*Exercise instructions*. One number is the whole answer: the tally of lines in the records that include the word "ActionStatus".

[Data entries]
■ ■ ■ ■ ■

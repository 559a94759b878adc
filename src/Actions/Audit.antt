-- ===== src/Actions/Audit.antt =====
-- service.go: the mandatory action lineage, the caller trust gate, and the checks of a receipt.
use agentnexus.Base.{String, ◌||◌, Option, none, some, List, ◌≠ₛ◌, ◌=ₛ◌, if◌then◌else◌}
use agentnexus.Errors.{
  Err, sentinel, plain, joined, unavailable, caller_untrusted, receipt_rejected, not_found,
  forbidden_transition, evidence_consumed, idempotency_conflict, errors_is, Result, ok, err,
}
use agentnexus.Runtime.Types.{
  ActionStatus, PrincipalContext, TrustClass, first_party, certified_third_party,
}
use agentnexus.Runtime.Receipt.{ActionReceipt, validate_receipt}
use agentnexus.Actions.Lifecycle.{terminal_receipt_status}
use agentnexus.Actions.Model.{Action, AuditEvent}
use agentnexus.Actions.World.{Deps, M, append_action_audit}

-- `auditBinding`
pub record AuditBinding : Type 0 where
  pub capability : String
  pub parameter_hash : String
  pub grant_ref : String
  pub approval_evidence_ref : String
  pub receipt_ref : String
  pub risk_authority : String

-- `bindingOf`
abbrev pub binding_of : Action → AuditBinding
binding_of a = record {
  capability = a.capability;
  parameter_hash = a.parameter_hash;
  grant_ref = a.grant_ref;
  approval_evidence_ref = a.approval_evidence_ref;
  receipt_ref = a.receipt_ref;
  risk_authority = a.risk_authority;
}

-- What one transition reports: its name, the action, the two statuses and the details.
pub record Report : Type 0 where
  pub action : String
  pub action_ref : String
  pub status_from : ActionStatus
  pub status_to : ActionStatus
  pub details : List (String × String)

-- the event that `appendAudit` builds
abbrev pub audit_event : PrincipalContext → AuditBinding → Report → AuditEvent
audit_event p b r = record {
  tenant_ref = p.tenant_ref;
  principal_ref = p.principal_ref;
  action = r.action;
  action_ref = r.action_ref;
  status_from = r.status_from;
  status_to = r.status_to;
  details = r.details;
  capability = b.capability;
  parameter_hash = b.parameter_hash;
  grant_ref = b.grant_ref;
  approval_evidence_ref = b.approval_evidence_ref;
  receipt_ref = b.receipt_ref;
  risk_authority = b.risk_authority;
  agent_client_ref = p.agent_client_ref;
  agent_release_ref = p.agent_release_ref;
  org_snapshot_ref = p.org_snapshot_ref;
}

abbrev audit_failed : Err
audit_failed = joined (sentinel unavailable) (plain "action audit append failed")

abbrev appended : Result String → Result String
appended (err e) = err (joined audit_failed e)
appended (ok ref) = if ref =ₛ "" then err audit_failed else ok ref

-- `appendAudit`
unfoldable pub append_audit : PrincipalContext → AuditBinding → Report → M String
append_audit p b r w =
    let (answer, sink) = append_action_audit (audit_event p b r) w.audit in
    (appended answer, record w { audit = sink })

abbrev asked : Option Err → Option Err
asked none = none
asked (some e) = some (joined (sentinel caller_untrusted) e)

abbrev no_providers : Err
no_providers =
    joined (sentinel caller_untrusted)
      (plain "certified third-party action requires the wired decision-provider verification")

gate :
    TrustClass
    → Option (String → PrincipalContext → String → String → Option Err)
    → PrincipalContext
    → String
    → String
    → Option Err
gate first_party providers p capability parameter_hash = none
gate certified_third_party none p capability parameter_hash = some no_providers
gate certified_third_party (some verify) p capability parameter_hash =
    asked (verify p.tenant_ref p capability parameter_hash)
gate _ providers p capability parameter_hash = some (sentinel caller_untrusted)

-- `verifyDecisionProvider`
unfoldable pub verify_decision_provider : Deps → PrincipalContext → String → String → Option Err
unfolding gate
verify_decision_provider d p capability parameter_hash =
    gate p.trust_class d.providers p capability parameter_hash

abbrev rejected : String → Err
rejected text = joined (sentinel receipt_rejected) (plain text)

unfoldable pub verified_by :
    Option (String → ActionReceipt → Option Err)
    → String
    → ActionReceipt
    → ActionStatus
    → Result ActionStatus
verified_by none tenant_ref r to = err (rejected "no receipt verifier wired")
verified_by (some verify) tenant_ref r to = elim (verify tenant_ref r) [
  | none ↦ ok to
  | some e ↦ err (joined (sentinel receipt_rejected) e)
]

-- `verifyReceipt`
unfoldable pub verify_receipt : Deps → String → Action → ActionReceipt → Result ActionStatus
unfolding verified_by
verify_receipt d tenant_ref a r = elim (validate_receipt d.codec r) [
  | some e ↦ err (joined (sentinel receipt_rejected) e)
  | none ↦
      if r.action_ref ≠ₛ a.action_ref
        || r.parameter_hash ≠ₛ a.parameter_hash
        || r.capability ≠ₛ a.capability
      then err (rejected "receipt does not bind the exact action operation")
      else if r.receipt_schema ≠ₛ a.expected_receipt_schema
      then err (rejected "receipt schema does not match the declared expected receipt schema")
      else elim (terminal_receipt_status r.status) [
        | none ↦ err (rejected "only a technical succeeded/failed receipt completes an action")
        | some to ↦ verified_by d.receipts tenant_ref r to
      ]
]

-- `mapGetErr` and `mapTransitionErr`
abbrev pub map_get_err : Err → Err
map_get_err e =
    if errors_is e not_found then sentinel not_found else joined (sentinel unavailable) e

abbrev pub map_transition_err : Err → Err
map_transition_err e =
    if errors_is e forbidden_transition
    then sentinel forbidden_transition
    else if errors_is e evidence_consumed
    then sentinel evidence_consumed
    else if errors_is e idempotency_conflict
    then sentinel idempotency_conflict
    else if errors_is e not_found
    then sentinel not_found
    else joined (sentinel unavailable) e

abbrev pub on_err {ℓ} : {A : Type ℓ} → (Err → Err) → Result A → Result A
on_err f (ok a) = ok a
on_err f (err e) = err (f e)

■ ■ ■ ■ ■

*Task response*. 6